Playing out like a gored-up episode of Murder, She Wrote, there’s not much going on in the film: The dopey Sheriff figures things out while Jenny’s overprotective Dad worries, and eponymous suspect Charlie, the deformed local tree-trimmer whose chosen uniform happens to be an exact match for the killer’s, is hauled in for questioning… A mid-point “twist” is revealed with all the acting muscle of a dead jellyfish: The murderer confesses as if his crime is as serious as an unpaid parking ticket. I almost expected Angela Lansbury to appear and shake her head disapprovingly. At the performance if not the crime.

A few more schmucks die as Jenny takes on a dare to sneak into the barn where Charlie lives. Clearly too dense to bail when her friends don’t show up, instead of going home, Jenny goes to the barn anyway and comes faces to face with the killer. Showdown, chainsaw, various other farm implements (but surprisingly no cans of Pepsi to throw at the encroaching killer), open ending. Done.

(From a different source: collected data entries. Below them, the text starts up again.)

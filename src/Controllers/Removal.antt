-- ===== src/Controllers/Removal.antt =====
-- The removal of a machine: finalizerRemoval and attemptRebootOnRemoval of
-- internal/provider/controllers/reboot_status.go.
pub mod Laws
mod Tests
use mathlib.Core.Option
use omni_infra_provider_bare.Base.{List, Option, String, false, none, not, some, true, ◌<>◌}
use omni_infra_provider_bare.Resources.{BmcConfiguration, MachineStatus}
use omni_infra_provider_bare.Effects.{
  Done, Env, M, ask, done, final, lift, pure, remove_finalizer, when, wrap, ◌>>=◌, ◌>>◌,
}
use omni_infra_provider_bare.Controllers.RebootStatus.{Helper, Inputs, State, has_finalizer, reboot}

-- Run a handler and drop its error, which is only logged.
abbrev best_effort : {R : Type 0} → M R Done → M R Done
best_effort m w = done tt (final (m w))

module _ (env : Env) (helper : Helper) (i : Inputs) where
  -- The reboot has no power operation and no reboot status, so no cooldown; an accessible agent means
  -- that the machine is in agent mode already.
  unfoldable pub attempt_reboot : Option MachineStatus → Option BmcConfiguration → M State Done
  unfolding reboot
  attempt_reboot (some s) (some c) =
      when (not s.agent_accessible)
        (best_effort (reboot env helper i.machine c none true false i.now i.clock))
  attempt_reboot _ _ = pure tt

  remove_finalizer_of : String → Option (List String) → M State Done
  remove_finalizer_of kind none w = done tt w
  remove_finalizer_of kind (some names) w =
      when (has_finalizer helper.controller_name names)
        (ask (remove_finalizer kind) (λ t. env.act t (remove_finalizer kind))
          >>= wrap ("failed to remove finalizer from " <> kind))
        w

  pub finalizer_removal : M State Done
  unfolding remove_finalizer_of
  finalizer_removal = do
    status ← lift i.machine_status
    bmc ← lift i.bmc
    attempt_reboot status bmc
    remove_finalizer_of "machine status" (Option.map (λ s. s.finalizers) status)
    remove_finalizer_of "bmc configuration" (Option.map (λ c. c.finalizers) bmc)
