-- ===== src/Controllers/Removal/Laws.antt =====
-- A machine that is removed is rebooted at best once, and never held back by that.
use omni_infra_provider_bare.Base.{
  Option, String, [], any, arith, false, none, refl, some, true, ◌∷◌, ◌≡◌,
}
use omni_infra_provider_bare.Resources.{BmcConfiguration, MachineStatus}
use omni_infra_provider_bare.Effects.{
  Capabilities, Env, Trace, World, done, final, is_power_command, ok, remove_finalizer,
}
use omni_infra_provider_bare.Controllers.RebootStatus.{Helper, Inputs, State}
use omni_infra_provider_bare.Controllers.RebootStatus.NoBmc.{reboots}
use omni_infra_provider_bare.Controllers.RebootStatus.Laws.{is_reboot}
use omni_infra_provider_bare.Controllers.Removal.{attempt_reboot, finalizer_removal}

module _ (env : Env) (helper : Helper) (i : Inputs) where
  -- The attempt to reboot never fails.
  attempt_reboot_done :
      (s : Option MachineStatus) (c : Option BmcConfiguration) (w : World State)
      → attempt_reboot env helper i s c w ≡ done tt (final (attempt_reboot env helper i s c w))
  unfolding attempt_reboot
  attempt_reboot_done none c w = refl
  attempt_reboot_done (some s) none w = refl
  attempt_reboot_done (some s) (some c) w = ground arith

  -- No machine whose agent is accessible is rebooted, and none whose BMC cannot reboot it.
  pub attempt_reboot_safe :
      (s : MachineStatus) (c : BmcConfiguration)
      → any is_reboot
          (final (
            attempt_reboot env helper i
              (some s)
              (some c)
              (record { res = none; trace = [] }))).trace
        ≡ true
      → (caps : Capabilities) × (s.agent_accessible ≡ false)
        × (env.client [] c ≡ ok caps)
        × (caps.can_reboot ≡ true)
  unfolding attempt_reboot
  attempt_reboot_safe s c h = ground arith

  -- No power command is made for a machine whose BMC client cannot reboot it.
  pub no_power_command :
      (st : State) (c : BmcConfiguration)
      → i.bmc ≡ ok (some c)
      → reboots (env.client [] c) ≡ false
      → any is_power_command
          (final (finalizer_removal env helper i (record { res = st; trace = [] }))).trace
        ≡ false
  unfolding finalizer_removal attempt_reboot
  no_power_command st c b cannot = ground arith

  -- The removal is never held back by the reboot: when the resources can be read and the finalizers
  -- removed, finalizerRemoval ends without an error, however the calls of the BMC and the agent end.
  pub removal_completes :
      (status : Option MachineStatus) (bmc : Option BmcConfiguration)
      → i.machine_status ≡ ok status
      → i.bmc ≡ ok bmc
      → ((t : Trace) (kind : String) → env.act t (remove_finalizer kind) ≡ ok tt)
      → (w : World State)
      → finalizer_removal env helper i w ≡ done tt (final (finalizer_removal env helper i w))
  unfolding finalizer_removal
  removal_completes status bmc hs hb acts w =
      let w' = final (attempt_reboot env helper i status bmc w) in
      ground (
        arith,
        attempt_reboot_done status bmc w,
        acts w'.trace "machine status",
        acts w'.trace "bmc configuration",
        acts (remove_finalizer "machine status" ∷ w'.trace) "bmc configuration",
      )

In reality, The Night Brings Charlie sucks, but I was strangely fond of its 80s/90s-cusp colour scheme, the constant lullaby of cicadas, and an unconscious thirst for Pepsi. The Sheriff’s sarcastic receptionist provides a few snarky one-liners too. It’s about as memorable as a night in a Travelodge, but, equally, does its job adequately enough.

Before Wolf Creek, there was…

HOUSEBOAT HORROR

1 Stars  1989/79m

“Something is about to happen on Lake Infinity.”

Directors: Kendall Flannigan & Ollie Martin / Writer: Ollie Martin / Cast: Alan Dale, Christine Jeston, Craig Alexander, Des ‘Animal’ McKenna, Gavin Wood, John Michael Howson, Louise Siversen, Peppie D’or, Steve Whittacker, Julia Tompson.

Body Count: 13

Laughter Lines: “You watch it – or I’ll kick you where your mother never kissed you!”


Back in 1989, Britain was in the midst of its obsession with Australian soap operas: Neighbours was at the top of the tree, while Home & Away perched a few branches below. I preferred Sons & Daughters - so many Mafia-like plots within a small cast, poisonous snakes in the safe, shark attacks… it had it all.

Thus, when sitting down with Houseboat Horror recently, that nostalgic era of Scott and Charlene, Helen Daniels, Madge and Harold, Bouncer the dog, and Ramsay Street – surely built on crossing Ley Lines for all its bad luck – came a-floodin’ back. So much so as Alan Dale, who played Jim Robinson in Neighbours for years, was somehow roped into appearing in the floating turd that is this movie. Ants may elect to make a houseboat out of said turd and the cycle begineth again.

A crappy rock n’ roll band and a film crew head out to Lake Infinity to shoot a music video. Naturally, the lake was the scene of a tragic fire (or some murders, I’ve already forgotten) X-years earlier. A newspaper tells us a child was horrifically burned. See where the course has been set? So laboured is this point, that early on when the group stops at a gas station, one of the attendants turns to the other and says: “Brings back memories over those movie killings a few years back…” and the world’s most obvious this-sounds-creepy synthesiser note is struck.

The group hire three ugly-ass houseboats and, after a day of fooling about with the really shitty band, are stalked and slain by a shadowy chap who lurks in the trees a lot. People are sliced with his machete, axed in the head, shot with spearguns, and even killed by a horseshoe in the eyes.

There’s very little more to say about Houseboat Horror. It’s cheap, it’s brimming with Aussie sayings of yore (people referred to as ‘dags’ who might’ve ‘shot through’) and it’s dated by an appearance of the world’s largest cell phone, which Alan Dale says into: “The two-way doesn’t work so if you want to talk to me you’ll have to do it on this walkabout phone thing.”

Some gory dispatchments and the mild distraction of different accents and vernacular highlight an otherwise awful vessel (ho ho ho) before it sinks under its own weight of crap.

Blurb-of-interest: John Michael Howson was in the 1980 Aussie horror Stage Fright.